When internally encoding subject strings to UTF-8, any offsets accepted as input or provided as output are also converted between byte and character offsets so that the caller doesn't need to be aware of the conversion -- the offsets are always indexes into the specified subject string, whether it's a byte string or a unicode string.

License

Copyright (c) 2012-2015, Arkadiusz Wahlig
All rights reserved.

Redistribution and use in source and binary forms, with or without
modification, are permitted provided that the following conditions are met:
* Redistributions of source code must retain the above copyright
  notice, this list of conditions and the following disclaimer.
* Redistributions in binary form must reproduce the above copyright
  notice, this list of conditions and the following disclaimer in the
  documentation and/or other materials provided with the distribution.
* Neither the name of the <organization> nor the
  names of its contributors may be used to endorse or promote products
  derived from this software without specific prior written permission.

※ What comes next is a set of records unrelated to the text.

-- ===== src/Rx/Tests.antt =====
-- Runs of the receive thread of src/stream_web/gnuradio_rx.py.
use sdr_docker.Base.{ℕ, ◌≡◌, refl, true, false, none, some, List, [], ◌∷◌, arith}
use sdr_docker.Base.Int.{pos}
use sdr_docker.Base.Floats.{milli_floats}
use sdr_docker.IqRing.Window.{IsValid, fresh, fresh-IsValid}
use sdr_docker.Rx.{Outside, connect}
use sdr_docker.Rx.Loop.{Pass, rx_stopped, rx_passes}
use sdr_docker.Rx.Connect.{Ended, connect-Ended}
use sdr_docker.Rx.Device.{driver_plutosdr, open_device, drive_all, first_tuner, rx_passes-OnDevice}
use sdr_docker.Rx.Sink.{BufferSink, Call, work_all, IsLogged, work_all-IsLogged}

-- A radio that is not there.
abbrev unplugged : Outside ℕ
unplugged = record { runs = λ i. true; opens = λ i. none; waits = λ i k. true }

connect-Ended_example : Ended unplugged (connect unplugged 10 0)
connect-Ended_example = connect-Ended unplugged 10 (omega arith)

-- A client asks for 90 dB and another frequency, and the radio takes the gain only; then for 30 dB.
abbrev first_pass : Pass
first_pass = record {
  asked_gain = some (pos 90);
  asked_lo = some (pos 2403000000);
  is_stale = false;
  gain_taken = true;
  lo_taken = false;
}

abbrev next_pass : Pass
next_pass = record first_pass { asked_gain = some (pos 30); asked_lo = none }

rx_passes-OnDevice_example :
    let (r, s) =
      drive_all
        (pos 0)
        (pos 60)
        (first_pass ∷ next_pass ∷ [])
        (open_device true driver_plutosdr (pos 7), first_tuner (pos 0) (pos 60) (pos 2403000000)) in
    (rx_passes
        (pos 0)
        (pos 60)
        true
        (first_pass ∷ next_pass ∷ [])
        (first_tuner (pos 0) (pos 60) (pos 2403000000))
      ≡ rx_stopped s)
    × (s.lo_freq ≡ r.freq_hz)
    × (s.rx_gain ≡ r.gain_db)
    × (r.gain_mode ≡ false)
rx_passes-OnDevice_example =
    rx_passes-OnDevice (pos 0) (pos 60) first_pass (next_pass ∷ []) driver_plutosdr (pos 7)
      (pos 2403000000) (refl, (refl, tt))

abbrev idle : BufferSink milli_floats ℕ 4
idle = record {
  ring = fresh 4 0;
  running_peak = pos 0;
  rx_peak_frac = pos 0;
  prev_work_time = pos 100;
  rx_overflows = 0;
  drop_queue = [];
}

-- The second call comes 90 ms after the first, the third 100 ms after that, when the queue is full.
abbrev calls : List (Call milli_floats ℕ 4)
calls =
    record { now = pos 110; scaled = pos 500; samples = 1 ∷ 2 ∷ 3 ∷ 4 ∷ []; queue_takes = true }
    ∷ record { now = pos 200; scaled = pos 400; samples = 5 ∷ 6 ∷ []; queue_takes = true }
    ∷ record { now = pos 300; scaled = pos 400; samples = 7 ∷ []; queue_takes = false }
    ∷ []

work_all-IsLogged_example :
    (s' : BufferSink milli_floats ℕ 4) × (work_all milli_floats ℕ 4 calls idle ≡ some s')
    × IsValid 4 s'.ring
    × IsLogged milli_floats ℕ 4 0 calls idle s'
work_all-IsLogged_example =
    work_all-IsLogged milli_floats ℕ 4 calls idle (fresh-IsValid 4 0)
      (omega arith, (omega arith, (omega arith, tt)))
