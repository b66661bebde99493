-- ===== src/TdCapture/Tests.antt =====
-- Cycles of the selection of src/stream_web/td_capture.py.
use sdr_docker.Base.{refl, true, false, none, some, [], ◌∷◌}
use sdr_docker.Base.Int.{pos}
use sdr_docker.Base.Floats.{milli_floats}
use sdr_docker.Decoder.{Protocol, Attempt}
use sdr_docker.TdCapture.{ntw_id, Hit, TdCaptureState, Cycle, select_td_capture, current_target}
use sdr_docker.TdCapture.Invariant.{Served, select_td_capture-Served}

abbrev protocol : Protocol
protocol = record {
  preamble_len = 8;
  num_header_syms = 12;
  samples_per_symbol = 6250;
  slot = λ v. none;
  slot_v1 = 12500;
}

abbrev packet : Attempt milli_floats
packet = record {
  time_s = some (pos 400);
  start_sample = some 312500;
  signal_duration_s = some (pos 300);
  phy_ver = some (pos 1);
  num_pdu_symbols = some 4;
  chipset = some "esp32";
  ntw_id = some (pos 77);
  seq_num = some 5;
  auth_tag = some 9;
  payload_val = some 1234;
  reason = none;
  decoded = true;
  sample_drop = false;
  freq_hz = pos 12000;
  f0_hz = none;
  preamble_duration_s = none;
  total_energy_db = some (pos 61250);
  energy_db = none;
  channel_num = some 3;
  freq_delta_hz = some (pos 120);
  payload_bytes = some 2;
  header_n_corr = some 0;
  pdu_n_corr = some 1;
}

abbrev cycle : Cycle milli_floats protocol
cycle = record {
  attempts = packet ∷ [];
  packets = packet ∷ [];
  decode_start = 1000;
  buf_len = 1562500;
  chunk_len = 1171875;
  now = pos 5000;
}

abbrev idle : TdCaptureState milli_floats protocol
idle = record { pending_hit = none; pending_confirm = none; target = none }

select_td_capture-Served_example :
    Served milli_floats protocol 1171875
      (some (ntw_id (pos 77)))
      (select_td_capture milli_floats protocol idle true none (some (pos 77)) cycle)
unfolding current_target
select_td_capture-Served_example =
    select_td_capture-Served milli_floats protocol idle true none (some (pos 77)) cycle
      (record { pending = tt; awaited = tt; same = refl })

-- A hit 300,000 samples into an earlier window, which started 200,000 samples before this one.
abbrev held : Hit milli_floats protocol
held = record { attempt = packet; abs_start = 101000; rel_start = none; first_seen = pos 4400 }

THIS SOFTWARE IS PROVIDED BY THE COPYRIGHT HOLDERS AND CONTRIBUTORS "AS IS" AND
ANY EXPRESS OR IMPLIED WARRANTIES, INCLUDING, BUT NOT LIMITED TO, THE IMPLIED
WARRANTIES OF MERCHANTABILITY AND FITNESS FOR A PARTICULAR PURPOSE ARE
DISCLAIMED. IN NO EVENT SHALL <COPYRIGHT HOLDER> BE LIABLE FOR ANY
DIRECT, INDIRECT, INCIDENTAL, SPECIAL, EXEMPLARY, OR CONSEQUENTIAL DAMAGES
(INCLUDING, BUT NOT LIMITED TO, PROCUREMENT OF SUBSTITUTE GOODS OR SERVICES;
LOSS OF USE, DATA, OR PROFITS; OR BUSINESS INTERRUPTION) HOWEVER CAUSED AND
ON ANY THEORY OF LIABILITY, WHETHER IN CONTRACT, STRICT LIABILITY, OR TORT
(INCLUDING NEGLIGENCE OR OTHERWISE) ARISING IN ANY WAY OUT OF THE USE OF THIS
SOFTWARE, EVEN IF ADVISED OF THE POSSIBILITY OF SUCH DAMAGE.